■ **Required work**: Transcribe word for word the lines below from the line with "abbrev pub alive : Stage → List Object" through the line with "main_turn : (timed_out : Bool) → Turn F", ends included.

*** Block opens ***

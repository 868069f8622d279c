-- ===== src/Program/Process/Threads.antt =====
-- The local objects of `main`, where its threads stand, what they share, and the main thread.
use formula_one_telemetry_si.Prelude.{
  ℕ, suc, Bool, true, false, ◌||◌, List, [], ◌∷◌, ◌==◌, if◌then◌else◌,
}
use formula_one_telemetry_si.Types.{TelemetryFrame, DriverState}
use formula_one_telemetry_si.RaceState.{RaceState, start_race, end_race}
use formula_one_telemetry_si.LapTimes.{LapTimeConsumer}
use formula_one_telemetry_si.Pool
use formula_one_telemetry_si.Pool.{ThreadPool, Worker, waiting, running, exited}
use formula_one_telemetry_si.Telemetry.{TelemetryGenerator}
use formula_one_telemetry_si.Program.{Entry}
use formula_one_telemetry_si.Program.Live.{Live, with_race}

-- The local objects of `main` that other threads reach.
pub data Object : Type 0 where
  telemetry_queue race_control_queue leaderboard race_state generator track_limits penalty weather
        lap_consumer race_control_pool track_limits_future weather_future tick_counter :
      Object

-- The objects in the order in which the end of `main` destroys them, the last declared first.
abbrev pub locals : List Object
locals =
    tick_counter ∷ weather_future ∷ track_limits_future ∷ race_control_pool ∷ lap_consumer ∷ weather
    ∷ penalty ∷ track_limits ∷ generator ∷ race_state ∷ leaderboard ∷ race_control_queue
    ∷ telemetry_queue ∷ []

abbrev pub is_pool : Object → Bool
is_pool Object.race_control_pool = true
is_pool _ = false

-- Where the main thread stands: before the statement named, in the loop that watches the race, or at
-- the closing brace with the objects still to destroy. The destructor of the pool joins the worker `i`.
pub data Stage : Type 0 where
  starting_race starting_generator starting_consumer watching ending_race : Stage
  stopping_generator joining_generator stopping_consumer joining_consumer reporting : Stage
  leaving : (objects : List Object) → Stage
  joining_worker : (i : ℕ) (objects : List Object) → Stage

-- The objects that have not been destroyed.
abbrev pub alive : Stage → List Object
alive (leaving objects) = objects
alive (joining_worker i objects) = Object.race_control_pool ∷ objects
alive _ = locals

-- The generator's thread: before the test of its loop, in the loop over the cars, or before the callback.
pub data Generating (F : Type 0) : Type 0 where
  unstarted testing publishing returned : Generating F
  moving : (moved rest : List (DriverState F)) → Generating F

pub data Consuming : Type 0 where
  unstarted polling draining returned : Consuming

pub data Turn (F : Type 0) : Type 0 where
  main_turn : (timed_out : Bool) → Turn F
  generator_turn : (fuel : ℕ) (clock : ℕ → ℕ) → Turn F
  consumer_turn : Turn F
  worker_turn : (worker : ℕ) (coin : F) (now : ℕ) → Turn F

-- All that the threads share. `world` and the world of the limits stand for engines and clocks; the tasks
-- of the pool are the numbers of the jobs. `accepted` lists the frames that the ring accepted.
pub record Process (F Q W V : Type 0) : Type 0 where
  pub stage : Stage
  pub generating : Generating F
  pub generator_stop : Bool
  pub consuming : Consuming
  pub consumer_stop : Bool
  pub generator : TelemetryGenerator F
  pub world : V
  pub live : Live F Q W
  pub pool : ThreadPool ℕ
  pub accepted : List (TelemetryFrame F)

abbrev pub worker_count : ℕ
worker_count = 2

-- The end of a loop is joined, and so is a thread that has not been started (`joinable` is false).
abbrev pub generator_joins : {F : Type 0} → Generating F → Bool
generator_joins Generating.unstarted = true
generator_joins Generating.returned = true
generator_joins _ = false

abbrev pub consumer_joins : Consuming → Bool
consumer_joins Consuming.unstarted = true
consumer_joins Consuming.returned = true
consumer_joins _ = false

abbrev pub has_exited : {T : Type 0} → Worker T → Bool
has_exited exited = true
has_exited _ = false

-- The jobs `es`, the first of them the job `n`, are submitted.
abbrev pub submit_jobs : {F : Type 0} → ℕ → List (Entry F) → ThreadPool ℕ → ThreadPool ℕ
submit_jobs n [] pool = pool
submit_jobs n (e ∷ es) pool = submit_jobs (suc n) es (Pool.accept pool n)

-- The jobs of `new` beyond those of `es`.
abbrev pub jobs_after : {F : Type 0} → List (Entry F) → List (Entry F) → List (Entry F)
jobs_after [] new = new
jobs_after (e ∷ es) [] = []
jobs_after (e ∷ es) (n ∷ new) = jobs_after es new

module _ {F Q W V : Type 0} where
  abbrev pub jobs_of : Process F Q W V → List (Entry F)
  jobs_of s = s.live.program.flights.jobs

  abbrev pub race_of : Process F Q W V → RaceState F
  race_of s = s.live.program.race_state

  abbrev pub consumer_of : Process F Q W V → LapTimeConsumer F
  consumer_of s = record { queue = s.generator.queue; race_state = race_of s }

  -- The main thread.
  unfoldable pub main_step : Stage → Bool → Process F Q W V → Process F Q W V
  main_step starting_race t s = record s {
    stage = starting_generator;
    live = with_race (start_race (race_of s)) s.live;
  }
  main_step starting_generator t s = record s {
    stage = starting_consumer;
    generating = Generating.testing;
  }
  main_step starting_consumer t s = record s { stage = watching; consuming = Consuming.polling }
  main_step watching t s = record s {
    stage = if s.generator.race_finished || t then ending_race else watching;
  }
  main_step ending_race t s = record s {
    stage = stopping_generator;
    live = with_race (end_race (race_of s)) s.live;
  }
  main_step stopping_generator t s = record s { stage = joining_generator; generator_stop = true }
  main_step joining_generator t s = record s {
    stage = if generator_joins s.generating then stopping_consumer else joining_generator;
  }
  main_step stopping_consumer t s = record s { stage = joining_consumer; consumer_stop = true }
  main_step joining_consumer t s = record s {
    stage = if consumer_joins s.consuming then reporting else joining_consumer;
  }
  main_step reporting t s = record s { stage = leaving locals }
  main_step (leaving []) t s = s
  main_step (leaving (o ∷ objects)) t s =
      if is_pool o
      then record s { stage = joining_worker 0 objects; pool = Pool.step s.pool Pool.request_stop }
      else record s { stage = leaving objects }
  main_step (joining_worker i objects) t s = record s {
    stage =
        if i == worker_count
        then leaving objects
        else if has_exited (s.pool.workers i)
        then joining_worker (suc i) objects
        else joining_worker i objects;
  }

*** Block closes ***

■ **Solution**:
abbrev pub alive : Stage → List Object
alive (leaving objects) = objects
alive (joining_worker i objects) = Object.race_control_pool ∷ objects
alive _ = locals

-- The generator's thread: before the test of its loop, in the loop over the cars, or before the callback.
pub data Generating (F : Type 0) : Type 0 where
  unstarted testing publishing returned : Generating F
  moving : (moved rest : List (DriverState F)) → Generating F

pub data Consuming : Type 0 where
  unstarted polling draining returned : Consuming

pub data Turn (F : Type 0) : Type 0 where
  main_turn : (timed_out : Bool) → Turn F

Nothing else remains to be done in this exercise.